And last component is the K-Means. So essentially for the K-Means, we are creating customer segments, not based on the offer requirements but based on their behavior data, such as their spend, their primary service mode, average ticket GPM, and their visit frequencies, things like that. So if you look at those features, they are almost very stable, in terms of you don’t change that often. Like spend is something you can keep tracking for years, so that’s very important because building a segmentation based on those data ensures us can be reused the same segments for a long period of time so that we can keep track of the user movement across different segments [inaudible].
And here is how we train the DeepFlame model. So this is a hybrid approach where I combined segmentation and one-to-one personalization, which allows us to [inaudible] expert like digital marketers to easily maintain and modify the offer rules based on segmentation while still allowing the deep learning models to automatically pick the best offers according to the preset offer rules.
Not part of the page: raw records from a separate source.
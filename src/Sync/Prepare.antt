-- ===== src/Sync/Prepare.antt =====
-- prepareRollback of include/xsync.hh leaves a state in which the replay can begin.
use double_take.Prelude.{
  ℕ, ◌≡◌, ◌⊎◌, inl, inr, refl, ◌∙◌, Bool, true, false, none, some, List, [], ◌∷◌, arith, ok,
}
use double_take.Sync.{
  EventPtr, World, assign, signal_event, prepare_list_rollback, prepare_event_list_rollback,
  prepare_rollback,
}
use double_take.Sync.Inv.{iter, IsRecorded, SameRecording, Inv, IsRecorded-same}
use double_take.Sync.Order.{assign_self, Inv-set_current}
use double_take.Sync.Grant.{signal_next_thread-Inv}
use double_take.Sync.Steps.{SameRecording-trans, SameRecording-refl, Inv-empty}

list_cases : {A : Type 0} (xs : List A) → (xs ≡ []) ⊎ ((x : A) × (ys : List A) × (xs ≡ x ∷ ys))
list_cases [] = inl refl
list_cases (x ∷ xs) = inr (x, xs, refl)

-- The lists that were prepared, in the order of the active list.
unfoldable pub prepared : (ℕ → Bool) → List ℕ → ℕ → Bool
prepared ready [] = ready
prepared ready (v ∷ vs) = prepared (assign ready v true) vs

prepare_list_empty : (w : World) (v : ℕ) → w.list v ≡ [] → prepare_list_rollback w v ≡ (none, w)
unfolding prepare_list_rollback
prepare_list_empty w v there = rw (prepare_list_rollback, there) refl

prepare_list_some :
    (w : World) (v : ℕ) (e : EventPtr) (es : List EventPtr)
    → w.list v ≡ e ∷ es
    → prepare_list_rollback w v ≡ (some e, record w { curentry = assign w.curentry v (some 0) })
unfolding prepare_list_rollback
prepare_list_some w v e es there = rw (prepare_list_rollback, there) refl

prepare_empty : (w : World) (v : ℕ) → w.list v ≡ [] → prepare_event_list_rollback w v ≡ ok w
unfolding prepare_event_list_rollback signal_event
prepare_empty w v none_there =
    rw (prepare_event_list_rollback, prepare_list_empty w v none_there) refl

module _ (time : EventPtr → ℕ) (ready : ℕ → Bool) (w : World) (v : ℕ) (rec : IsRecorded time w)
    (inv : Inv ready w) (idle : ready v ≡ false) (fresh : (t : ℕ) → iter w t ≡ 0) where
  prepare_some :
      (e : EventPtr) (es : List EventPtr)
      → w.list v ≡ e ∷ es
      → (w' : World) × (prepare_event_list_rollback w v ≡ ok w')
        × Inv (assign ready v true) w'
        × SameRecording w w'
        × ((t : ℕ) → iter w' t ≡ iter w t)
  unfolding prepare_event_list_rollback signal_event
  prepare_some e es there =
      let w1 : World = record w { curentry = assign w.curentry v (some 0) } in
      let (w', eq, inv', same, iters) =
        signal_next_thread-Inv time ready w1 v 0 e
          (IsRecorded-same time w w1
            (record { list = λ u. refl; start = λ t. refl; cur = λ t. refl }) rec)
          (Inv-set_current ready w v (some 0) inv idle) idle
          (record {
            current = (assign_self w.curentry v (some 0), rw there refl);
            waits = omega (arith, fresh e.thread);
            before = λ j x lt at. absurd (omega (arith, lt));
            after = λ j x lt at. omega (arith, fresh x.thread);
          }) in
      (
        w',
        rw (prepare_event_list_rollback, prepare_list_some w v e es there) eq,
        inv',
        record { list = same.list; start = same.start; cur = same.cur },
        iters,
      )

  -- The start of one list makes it a prepared one.
  prepare_one :
      (w' : World) × (prepare_event_list_rollback w v ≡ ok w')
      × Inv (assign ready v true) w'
      × SameRecording w w'
      × ((t : ℕ) → iter w' t ≡ iter w t)
  prepare_one = elim (list_cases (w.list v)) [
    | inl empty ↦
        (w, prepare_empty w v empty, Inv-empty ready w v inv empty, SameRecording-refl w, λ t. refl)
    | inr (e, es, there) ↦ prepare_some e es there
  ]

-- No list stands twice among those to prepare, and none is prepared yet.
abbrev pub AllIdle : (ℕ → Bool) → List ℕ → Type 0
AllIdle ready [] = false ≡ false
AllIdle ready (v ∷ vs) = (ready v ≡ false) × AllIdle (assign ready v true) vs

pub prepare_rollback-Inv :
    (time : EventPtr → ℕ) (vs : List ℕ) (ready : ℕ → Bool) (w : World)
    → IsRecorded time w
    → Inv ready w
    → AllIdle ready vs
    → ((t : ℕ) → iter w t ≡ 0)
    → (w' : World) × (prepare_rollback w vs ≡ ok w')
      × Inv (prepared ready vs) w'
      × SameRecording w w'
unfolding prepare_rollback prepared
prepare_rollback-Inv time [] ready w rec inv idle fresh = (w, refl, inv, SameRecording-refl w)
prepare_rollback-Inv time (v ∷ vs) ready w rec inv (idle, more) fresh =
    let (w1, eq, inv1, same1, iters) = prepare_one time ready w v rec inv idle fresh in
    let (w2, eq2, inv2, same2) =
      prepare_rollback-Inv time vs (assign ready v true) w1 (IsRecorded-same time w w1 same1 rec)
        inv1 more (λ t. iters t ∙ fresh t) in
    (w2, rw eq eq2, inv2, SameRecording-trans same1 same2)

-- A replay before its start.
pub record IsFresh (w : World) : Type 0 where
  pub no_sema : (t : ℕ) → w.sema t ≡ 0
  pub no_pending : (t : ℕ) → w.pending t ≡ []
  pub at_start : (t : ℕ) → iter w t ≡ 0

pub Inv-fresh : (w : World) → IsFresh w → Inv (λ v. false) w
Inv-fresh w fresh = record {
  at_most_one = λ t. omega (arith, fresh.no_sema t);
  granted = λ t h. absurd (omega (arith, fresh.no_sema t, h));
  waiting = λ t x i. absurd (cc (rw (fresh.no_pending t) at i));
  distinct = λ t. rw (fresh.no_pending t) refl;
  before = λ v k j x r. absurd (cc r);
  after = λ v k j x r. absurd (cc r);
  over = λ v j x r. absurd (cc r);
  signalled = λ v k x r. absurd (cc r);
}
So if you look at the whole process, again we have two starting point. I’m going to start from the left. So essentially, we started from the offer description and images using two pre-trained models to learn the vectors of the texts and the images. And then, we use transformer encoder to reducing the dimension because those pre-trained models, the dimension is quite high, so we’re doing this [inaudible] step to reducing the dimension to make it to reduce embeddings. Can highlight the difference across the different texts, different images so model can easily learn out of their distinguished features.
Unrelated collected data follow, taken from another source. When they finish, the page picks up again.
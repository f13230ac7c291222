-- ===== src/Sync/Appending.antt =====
-- What recordSyncEvent of include/synceventlist.hh adds to a recording.
use double_take.Prelude.{
  ℕ, zero, suc, ◌+◌, ◌≤◌, ◌<◌, ◌≡◌, ◌⊎◌, inl, inr, refl, sym, ap, ◌∙◌, true, false, some, List, [],
  ◌∷◌, ◌++◌, ◌==◌, if◌then◌else◌, get_elem?, get_elem?-set_self, get_elem?-set_ne,
  get_elem?-append_left, get_elem?-append, get_elem?-eq-get_or, get_or, length, length-set, set,
  ltb, lt→ltb, ==→eq, eq→==, Bool-cases, arith, ok,
}
use double_take.RecordEntries.{RecordEntries, alloc}
use double_take.Sync.{SyncEvent, EventPtr, World, assign, same_event, record_sync_event}
use double_take.Sync.Events.{same_event→eq, same_event_refl, event_ext}
use double_take.Sync.Inv.{iter, At, IsRecorded}
use double_take.Sync.Order.{assign_self, some_inj}
use double_take.Sync.Steps.{get_elem?-some-lt}
use double_take.Sync.Prepare.{IsFresh}

-- An entry of a list with one more at the end.
get_elem?_snoc :
    {A : Type 0} (xs : List A) (y e : A) (k : ℕ)
    → get_elem? (xs ++ y ∷ []) k ≡ some e
    → (get_elem? xs k ≡ some e) ⊎ ((k ≡ length xs) × (y ≡ e))
get_elem?_snoc [] y e zero h = inr (refl, some_inj y e h)
get_elem?_snoc [] y e (suc k) h = absurd (cc h)
get_elem?_snoc (x ∷ xs) y e zero h = inl h
get_elem?_snoc (x ∷ xs) y e (suc k) h = elim (get_elem?_snoc xs y e k h) [
  | inl old ↦ inl old
  | inr (eq, same) ↦ inr (ap suc eq, same)
]

-- What is recorded so far, with times below `now`, in pools that have their memory.
pub record Recording (time : EventPtr → ℕ) (now : ℕ) (w : World) : Type 0 where
  pub recorded : IsRecorded time w
  pub so_far : (t i : ℕ) → i < (w.syncevents t).cur → time (record { thread = t; place = i }) < now
  pub backed : (t : ℕ) → (w.syncevents t).total ≤ length (w.syncevents t).start
  pub fresh : IsFresh w

module _ (time : EventPtr → ℕ) (now : ℕ) (w : World) (t v : ℕ) (rec : Recording time now w)
    (room : (w.syncevents t).cur < (w.syncevents t).total) where
  cur : ℕ
  cur = (w.syncevents t).cur

  event : EventPtr
  event = record { thread = t; place = (w.syncevents t).cur }

  time_after : EventPtr → ℕ
  time_after x = if same_event x event then now else time x

  pool_after : RecordEntries SyncEvent
  pool_after = record (w.syncevents t) {
    cur = (w.syncevents t).cur + 1;
    start =
        set (w.syncevents t).start (w.syncevents t).cur
          (record { thread = t; eventlist = v; ret = 0 });
  }

  after : World
  after = record w {
    syncevents = assign w.syncevents t pool_after;
    list = assign w.list v (w.list v ++ event ∷ []);
  }

  record_sync_event-after : record_sync_event w t v 0 ≡ ok after
  unfolding record_sync_event alloc after pool_after event
  record_sync_event-after = rw (record_sync_event, alloc, lt→ltb _ _ room) refl

  -- An entry of a list is an old one or the new one.
  At-cases :
      (u k : ℕ) (e : EventPtr)
      → At after u k e
      → At w u k e ⊎ ((v ≡ u) × (k ≡ length (w.list u)) × (event ≡ e))
  unfolding after
  At-cases u k e at = elim (Bool-cases (v == u)) [
    | inr other ↦ inl (rw other at at)
    | inl same ↦
        let eq = ==→eq v u same in
        elim (get_elem?_snoc (w.list v) event e k (rw same at at)) [
          | inl old ↦ inl (ap (λ a. get_elem? (w.list a) k) (sym eq) ∙ old)
          | inr (last, is_new) ↦ inr (eq, last ∙ ap (λ a. length (w.list a)) eq, is_new)
        ]
  ]

  old_not_new : (u k : ℕ) (e : EventPtr) → At w u k e → same_event e event ≡ false
  unfolding event
  old_not_new u k e at = elim (Bool-cases (same_event e event)) [
    | inr other ↦ other
    | inl same ↦
        let eq = same_event→eq e event same in
        absurd (omega (arith, rw eq at (rec.recorded.used u k e at)))
  ]

  cur_after :
      (u : ℕ)
      → (after.syncevents u).cur
        ≡ (if t == u then (w.syncevents t).cur + 1 else (w.syncevents u).cur)
  unfolding after pool_after
  cur_after u = ground arith

  cur_grows : (u i : ℕ) → i < (w.syncevents u).cur → i < (after.syncevents u).cur
  cur_grows u i lt = elim (Bool-cases (t == u)) [
    | inl same ↦
        rw (cur_after u, same) (omega (arith, lt, ap (λ a. (w.syncevents a).cur) (==→eq t u same)))
    | inr other ↦ rw (cur_after u, other) lt
  ]

  -- An entry of a pool is an old one or the new one.
  cur_cases :
      (u i : ℕ)
      → i < (after.syncevents u).cur
      → (i < (w.syncevents u).cur) ⊎ (event ≡ record { thread = u; place = i })
  unfolding event
  cur_cases u i lt = elim (Bool-cases (t == u)) [
    | inr other ↦ inl (rw (cur_after u, other) at lt)
    | inl same ↦
        let eq = ap (λ a. (w.syncevents a).cur) (==→eq t u same) in
        elim (Bool-cases (ltb i (w.syncevents u).cur)) [
          | inl old ↦ inl (ground (arith, old))
          | inr is_new ↦ inr (
              event_ext event (record { thread = u; place = i }) (==→eq t u same)
                (ground (arith, rw (cur_after u, same) at lt, is_new, eq)))
        ]
  ]

  old_entry :
      (u i : ℕ)
      → i < (w.syncevents u).cur
      → same_event (record { thread = u; place = i }) event ≡ false
  unfolding event
  old_entry u i lt = elim (Bool-cases (u == t)) [
    | inr other ↦ ground (arith, other)
    | inl same ↦ ground (arith, lt, ap (λ a. (w.syncevents a).cur) (==→eq u t same))
  ]

  time_old : (e : EventPtr) → same_event e event ≡ false → time_after e ≡ time e
  unfolding time_after
  time_old e h = rw h refl

  time_new : (e : EventPtr) → event ≡ e → time_after e ≡ now
  unfolding time_after
  time_new e eq = rw (← eq, same_event_refl event) refl

  At-grows : (u k : ℕ) (e : EventPtr) → At w u k e → At after u k e
  unfolding after
  At-grows u k e at = elim (Bool-cases (v == u)) [
    | inr other ↦ rw other at
    | inl same ↦ rw same (
        get_elem?-append_left (w.list v) (event ∷ []) k e
          (ap (λ a. get_elem? (w.list a) k) (==→eq v u same) ∙ at))
  ]

  At-new : At after v (length (w.list v)) event
  unfolding after
  At-new =
      rw (assign_self w.list v (w.list v ++ event ∷ []))
        (get_elem?-append (w.list v) event [] (length (w.list v)) refl)

  other_place :
      (x : EventPtr)
      → (t == x.thread) ≡ true
      → same_event x event ≡ false
      → (w.syncevents t).cur ≡ x.place
      → 1 ≤ 0
  unfolding event
  other_place x same h eq = ground (arith, same, h, eq)

  stored_old :
      (x : EventPtr)
      → same_event x event ≡ false
      → get_elem? (after.syncevents x.thread).start x.place
        ≡ get_elem? (w.syncevents x.thread).start x.place
  unfolding after pool_after event
  stored_old x h = elim (Bool-cases (t == x.thread)) [
    | inr other ↦ rw other refl
    | inl same ↦ rw same (
        get_elem?-set_ne (w.syncevents t).start (w.syncevents t).cur x.place
          (record { thread = t; eventlist = v; ret = 0 })
          (λ eq. absurd (omega (arith, other_place x same h eq)))
        ∙ ap (λ a. get_elem? (w.syncevents a).start x.place) (==→eq t x.thread same))
  ]

  stored_new :
      get_elem? (after.syncevents t).start (w.syncevents t).cur
      ≡ some (record { thread = t; eventlist = v; ret = 0 })
  unfolding after pool_after
  stored_new =
      let none_yet : SyncEvent = record { thread = t; eventlist = v; ret = 0 } in
      rw (assign_self w.syncevents t pool_after) (
        get_elem?-set_self (w.syncevents t).start (w.syncevents t).cur none_yet
          (get_or (w.syncevents t).start (w.syncevents t).cur none_yet)
          (get_elem?-eq-get_or (w.syncevents t).start (w.syncevents t).cur none_yet
            (omega (arith, room, rec.backed t))))

  unique_after :
      (u u' j k : ℕ) (e : EventPtr) → At after u j e → At after u' k e → (u ≡ u') × (j ≡ k)
  unique_after u u' j k e a b = elim (At-cases u j e a) [
    | inl old ↦ elim (At-cases u' k e b) [
      | inl old' ↦ rec.recorded.unique u u' j k e old old'
      | inr (eq, last, is_new) ↦
          absurd (cc (rw (← is_new) at (old_not_new u j e old), same_event_refl event))
    ]
    | inr (eq, last, is_new) ↦ elim (At-cases u' k e b) [
      | inl old' ↦ absurd (cc (rw (← is_new) at (old_not_new u' k e old'), same_event_refl event))
      | inr (eq', last', _) ↦
          (sym eq ∙ eq', last ∙ ap (λ a. length (w.list a)) (sym eq ∙ eq') ∙ sym last')
    ]
  ]

  list_order_after :
      (u j k : ℕ) (e x : EventPtr)
      → At after u j e
      → At after u k x
      → j < k
      → time_after e < time_after x
  list_order_after u j k e x a b lt = elim (At-cases u j e a) [
    | inl old ↦
        let sooner = time_old e (old_not_new u j e old) in
        elim (At-cases u k x b) [
          | inl old' ↦ omega (
            arith,
            sooner,
            time_old x (old_not_new u k x old'),
            rec.recorded.list_order u j k e x old old' lt,
          )
          | inr (_, _, is_new) ↦ omega (
            arith,
            sooner,
            time_new x is_new,
            rec.so_far e.thread e.place (rec.recorded.used u j e old),
          )
        ]
    | inr (_, last, _) ↦ elim (At-cases u k x b) [
      | inl old' ↦ absurd (omega (arith, lt, last, get_elem?-some-lt (w.list u) k x old'))
      | inr (_, last', _) ↦ absurd (omega (arith, lt, last, last'))
    ]
  ]

  inside_of_new :
      (u i j : ℕ) → i < j → event ≡ record { thread = u; place = j } → i < (w.syncevents u).cur
  unfolding event
  inside_of_new u i j lt is_new = omega (
    arith,
    lt,
    ap (λ e. e.place) is_new,
    ap (λ a. (w.syncevents a).cur) (ap (λ e. e.thread) is_new),
  )

  new_used : event.place < (after.syncevents event.thread).cur
  unfolding event
  new_used = rw (cur_after t, eq→== t t refl) (omega arith)

  total_after : (u : ℕ) → (after.syncevents u).total ≡ (w.syncevents u).total
  unfolding after pool_after
  total_after u = elim (Bool-cases (t == u)) [
    | inr other ↦ rw other refl
    | inl same ↦ rw same (ap (λ a. (w.syncevents a).total) (==→eq t u same))
  ]

  backed_after : (u : ℕ) → (after.syncevents u).total ≤ length (after.syncevents u).start
  unfolding after pool_after
  backed_after u = elim (Bool-cases (t == u)) [
    | inr other ↦ rw other (rec.backed u)
    | inl same ↦
        rw
          (
            same,
            length-set (w.syncevents t).start (w.syncevents t).cur
                (record { thread = t; eventlist = v; ret = 0 }),
          )
          (rec.backed t)
  ]

  start_after : (u : ℕ) → iter after u ≡ 0
  unfolding after pool_after
  start_after u = elim (Bool-cases (t == u)) [
    | inr other ↦ rw (iter, other) (rec.fresh.at_start u)
    | inl same ↦ rw (iter, same) (rec.fresh.at_start t)
  ]

  pool_order_after :
      (u i j : ℕ)
      → i < j
      → j < (after.syncevents u).cur
      → time_after (record { thread = u; place = i })
        < time_after (record { thread = u; place = j })
  pool_order_after u i j lt lt' = elim (cur_cases u j lt') [
    | inl old ↦
        let inside : i < (w.syncevents u).cur = omega (arith, lt, old) in
        omega (
          arith,
          time_old (record { thread = u; place = i }) (old_entry u i inside),
          time_old (record { thread = u; place = j }) (old_entry u j old),
          rec.recorded.pool_order u i j lt old,
        )
    | inr is_new ↦
        let inside = inside_of_new u i j lt is_new in
        omega (
          arith,
          time_old (record { thread = u; place = i }) (old_entry u i inside),
          time_new (record { thread = u; place = j }) is_new,
          rec.so_far u i inside,
        )
  ]

  stored_after :
      (u k : ℕ) (e : EventPtr)
      → At after u k e
      → get_elem? (after.syncevents e.thread).start e.place
        ≡ some (record { thread = e.thread; eventlist = u; ret = 0 })
  unfolding event
  stored_after u k e at = elim (At-cases u k e at) [
    | inl old ↦ stored_old e (old_not_new u k e old) ∙ rec.recorded.stored u k e old
    | inr (eq, last, is_new) ↦ rw (← is_new, ← eq) stored_new
  ]

  used_after : (u k : ℕ) (e : EventPtr) → At after u k e → e.place < (after.syncevents e.thread).cur
  used_after u k e at = elim (At-cases u k e at) [
    | inl old ↦ cur_grows e.thread e.place (rec.recorded.used u k e old)
    | inr (eq, last, is_new) ↦ rw (← is_new) new_used
  ]

  listed_after :
      (u i : ℕ)
      → i < (after.syncevents u).cur
      → (a : ℕ) × (k : ℕ) × At after a k (record { thread = u; place = i })
  listed_after u i lt = elim (cur_cases u i lt) [
    | inl old ↦
        let (a, k, at) = rec.recorded.listed u i old in
        (a, k, At-grows a k (record { thread = u; place = i }) at)
    | inr is_new ↦ (v, length (w.list v), At-new ∙ ap some is_new)
  ]

  so_far_after :
      (u i : ℕ)
      → i < (after.syncevents u).cur
      → time_after (record { thread = u; place = i }) < now + 1
  so_far_after u i lt = elim (cur_cases u i lt) [
    | inl old ↦
        omega (
          arith,
          time_old (record { thread = u; place = i }) (old_entry u i old),
          rec.so_far u i old,
        )
    | inr is_new ↦ omega (arith, time_new (record { thread = u; place = i }) is_new)
  ]

  list_after :
      (u : ℕ)
      → after.list u ≡ (
          if v == u
          then w.list u ++ record { thread = t; place = (w.syncevents t).cur } ∷ []
          else w.list u)
  unfolding after event
  list_after u = elim (Bool-cases (v == u)) [
    | inl same ↦ rw same (ap (λ a. w.list a ++ event ∷ []) (==→eq v u same))
    | inr other ↦ rw other refl
  ]

  -- An event is recorded as the latest one of its thread and of its list.
  pub record_sync_event-Recording :
      (time' : EventPtr → ℕ) × (w' : World) × (record_sync_event w t v 0 ≡ ok w')
      × Recording time' (now + 1) w'
      × ((u : ℕ) → (w'.syncevents u).total ≡ (w.syncevents u).total)
      × ((u : ℕ)
          → (w'.syncevents u).cur
            ≡ (if t == u then (w.syncevents t).cur + 1 else (w.syncevents u).cur))
      × ((u : ℕ)
          → w'.list u ≡ (
              if v == u
              then w.list u ++ record { thread = t; place = (w.syncevents t).cur } ∷ []
              else w.list u))
  unfolding after event
  record_sync_event-Recording = (
    time_after,
    after,
    record_sync_event-after,
    record {
      recorded = record {
        stored = stored_after;
        used = used_after;
        unique = unique_after;
        listed = listed_after;
        list_order = list_order_after;
        pool_order = pool_order_after;
      };
      so_far = so_far_after;
      backed = backed_after;
      fresh = record {
        no_sema = rec.fresh.no_sema;
        no_pending = rec.fresh.no_pending;
        at_start = start_after;
      };
    },
    total_after,
    cur_after,
    list_after,
  )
And after the [inaudible] step, we generate this yellow [inaudible] where we cause over-embedding, which is combination between BERT and ResNET output, and then we use that to feed into the transformer encoder. So from this point out is our TXT model architecture where we have the context features feeding into a transforming encoder and offer features, so sequence of the historical redeemed offers feeding to another transforming encoder, and then combining to predict the next best offers per each guest.
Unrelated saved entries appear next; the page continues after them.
-- ===== src/Sync/Peeking.antt =====
-- A thread looks at its next event: peekSyncEvent of include/xsync.hh.
use double_take.Prelude.{
  ℕ, ◌<◌, ◌≡◌, ◌⊎◌, inl, inr, refl, sym, ap, ◌∙◌, Bool, true, false, none, some, List, ◌==◌, lt→ltb,
  ==→eq, eq→==, Bool-cases, arith, ok,
}
use double_take.RecordEntries.{get_entry}
use double_take.Sync.{
  EventPtr, World, assign, same_event, load_event, signal_thread, signal_current_thread,
  peek_sync_event, take_pending,
}
use double_take.Sync.Events.{
  has_event, DistinctEvents, same_event→eq, event_ext, Takes, take_pending-none, take_pending-Takes,
}
use double_take.Sync.Inv.{iter, At, IsCurrent, IsRecorded, SameRecording, Inv}
use double_take.Sync.Order.{assign_self}
use double_take.Sync.Steps.{SameRecording-refl}

-- The next event of a thread.
abbrev pub next : World → ℕ → EventPtr
next w t = record { thread = t; place = iter w t }

signal_current_none :
    (w : World) (e : EventPtr) (t : ℕ)
    → take_pending (w.pending t) e ≡ none
    → signal_current_thread w e t ≡ w
unfolding signal_current_thread
signal_current_none w e t eq = rw (signal_current_thread, eq) refl

signal_current_some :
    (w : World) (e : EventPtr) (t : ℕ) (rest : List EventPtr)
    → take_pending (w.pending t) e ≡ some rest
    → signal_current_thread w e t ≡ signal_thread (record w { pending = assign w.pending t rest }) t
unfolding signal_current_thread
signal_current_some w e t rest eq = rw (signal_current_thread, eq) refl

module _ (ready : ℕ → Bool) (w : World) (t : ℕ) (inv : Inv ready w) where
  -- A thread whose next event is pending has no semaphore.
  pending_no_sema : has_event (w.pending t) (next w t) ≡ true → w.sema t ≡ 0
  pending_no_sema i = elim (Bool-cases (w.sema t == 0)) [
    | inl zero ↦ ==→eq _ _ zero
    | inr up ↦
        let (u, j, x, c, r, et, ep, out) = inv.granted t (ground (arith, up)) in
        absurd (ground (arith, rw (event_ext x (next w t) et ep) at out, i))
  ]

  module _ (rest : List EventPtr) (there : has_event (w.pending t) (next w t) ≡ true)
      (takes : Takes (w.pending t) (next w t) rest) where
    signalled_self : World
    signalled_self = signal_thread (record w { pending = assign w.pending t rest }) t

    granted_self :
        (u : ℕ)
        → 0 < signalled_self.sema u
        → (v : ℕ) × (j : ℕ) × (x : EventPtr) × IsCurrent w v j x
          × (ready v ≡ true)
          × (x.thread ≡ u)
          × (x.place ≡ iter w u)
          × (has_event (signalled_self.pending u) x ≡ false)
    unfolding signalled_self signal_thread
    granted_self u h = elim (Bool-cases (t == u)) [
      | inl same ↦
          let (v, k, c, r, et, le) = inv.waiting t (next w t) there in
          (v, k, next w t, c, r, ==→eq t u same, ap (iter w) (==→eq t u same), rw same takes.gone)
      | inr other ↦
          let (v, j, x, c, r, et, ep, out) = inv.granted u (rw other at h) in
          (v, j, x, c, r, et, ep, rw other out)
    ]

    still_pending :
        (u : ℕ) (x : EventPtr)
        → has_event (signalled_self.pending u) x ≡ true
        → has_event (w.pending u) x ≡ true
    unfolding signalled_self signal_thread
    still_pending u x i = elim (Bool-cases (t == u)) [
      | inl same ↦ rw (← ==→eq t u same) (takes.fewer x (rw same at i))
      | inr other ↦ rw other at i
    ]

    distinct_self : (u : ℕ) → DistinctEvents (signalled_self.pending u)
    unfolding signalled_self signal_thread
    distinct_self u = elim (Bool-cases (t == u)) [
      | inl same ↦ rw same takes.distinct
      | inr other ↦ rw other (inv.distinct u)
    ]

    signalled_still :
        (x : EventPtr)
        → (has_event (w.pending x.thread) x ≡ true)
          ⊎ ((x.place ≡ iter w x.thread) × (0 < w.sema x.thread))
        → (has_event (signalled_self.pending x.thread) x ≡ true)
          ⊎ ((x.place ≡ iter w x.thread) × (0 < signalled_self.sema x.thread))
    unfolding signalled_self signal_thread
    signalled_still x (inr (ep, up)) = inr (ep, ground (arith, up))
    signalled_still x (inl i) = elim (Bool-cases (t == x.thread)) [
      | inr other ↦ inl (rw other i)
      | inl same ↦ elim (Bool-cases (same_event (next w t) x)) [
        | inl one ↦ inr (
          sym (ap (λ e. e.place) (same_event→eq (next w t) x one))
              ∙ ap (iter w) (==→eq t x.thread same),
          rw same (omega arith),
        )
        | inr another ↦ inl (
            rw same (
              takes.others x (ap (λ u. has_event (w.pending u) x) (==→eq t x.thread same) ∙ i)
                another))
      ]
    ]

    Inv-signalled_self : Inv ready signalled_self
    unfolding signalled_self signal_thread
    Inv-signalled_self = record {
      at_most_one = λ u. ground (arith, pending_no_sema there, inv.at_most_one u);
      granted = λ u h. granted_self u h;
      waiting = λ u x i. inv.waiting u x (still_pending u x i);
      distinct = distinct_self;
      before = inv.before;
      after = inv.after;
      over = inv.over;
      signalled = λ u j x r c le. signalled_still x (inv.signalled u j x r c le);
    }

  -- `signalCurrentThread` of the thread's next event.
  Inv-signal_current :
      Inv ready (signal_current_thread w (next w t) t)
      × SameRecording w (signal_current_thread w (next w t) t)
      × ((u : ℕ) → iter (signal_current_thread w (next w t) t) u ≡ iter w u)
      × ((u : ℕ) → (signal_current_thread w (next w t) t).curentry u ≡ w.curentry u)
      × (has_event ((signal_current_thread w (next w t) t).pending t) (next w t) ≡ false)
  unfolding signal_thread signalled_self
  Inv-signal_current = elim (Bool-cases (has_event (w.pending t) (next w t))) [
    | inr out ↦
        rw (signal_current_none w (next w t) t (take_pending-none (w.pending t) (next w t) out))
          (inv, SameRecording-refl w, λ u. refl, λ u. refl, out)
    | inl there ↦
        let (rest, eq, takes) =
          take_pending-Takes (w.pending t) (next w t) (inv.distinct t) there in
        rw (signal_current_some w (next w t) t rest eq) (
          Inv-signalled_self rest there takes,
          record { list = λ u. refl; start = λ u. refl; cur = λ u. refl },
          λ u. refl,
          λ u. refl,
          rw (assign_self w.pending t rest) takes.gone,
        )
  ]

module _ (time : EventPtr → ℕ) (ready : ℕ → Bool) (w : World) (t v k : ℕ) (rec : IsRecorded time w)
    (inv : Inv ready w) (at : At w v k (next w t)) where
  -- `peekSyncEvent` on the list that the thread's next event is in.
  pub peek_sync_event-Inv :
      (w' : World) × (peek_sync_event w t v ≡ ok (0, w'))
      × Inv ready w'
      × SameRecording w w'
      × ((u : ℕ) → iter w' u ≡ iter w u)
      × ((u : ℕ) → w'.curentry u ≡ w.curentry u)
      × (has_event (w'.pending t) (next w t) ≡ false)
  unfolding peek_sync_event get_entry load_event
  peek_sync_event-Inv =
      let (inv', same, iters, currents, gone) = Inv-signal_current ready w t inv in
      (
        signal_current_thread w (next w t) t,
        rw
            (
              peek_sync_event,
              get_entry,
              lt→ltb _ _ (rec.used v k (next w t) at),
              load_event,
              rec.stored v k (next w t) at,
              eq→== t t refl,
              eq→== v v refl,
            )
            refl,
        inv',
        same,
        iters,
        currents,
        gone,
      )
And if you look at, from the right side, that’s where our segmentation steps come in, so essentially we have those behavior data feeding into the K-Means model so each customer we’re going to assign to like a second psyche. And then, we work with the local marketers to understand, “Hey, what’s the characteristic of different segments?” [inaudible] and [inaudible]. And based on that, they start creating this offer rule set. So they don’t need to tell us, “Hey, what are the 10 plenty offer they want you to assign rank order?” They don’t have to do that. However, they need to provide guidance on some kind of what we call the preset offer rules. They need to find, “Hey, for this segments, what are the number of lapsed offer we need to assign? What number of cross-category offer we need to assign? What a number of high GPM offers we need you to sign?”
So those are high-level rules. It’s easy to come up with, easy to maintain, and the details under there, like what exactly what offer to assign. We leave it to the deep learning model so it’s a combination between the two so it’s flexible for the marketers to control the goals, what kind of behavior we’re trying to drive, use the offer recommendation, but still allows a deep learning model to intelligently select each model under the rules to determine the final offer pool we present to each individual guest. So that’s the model training.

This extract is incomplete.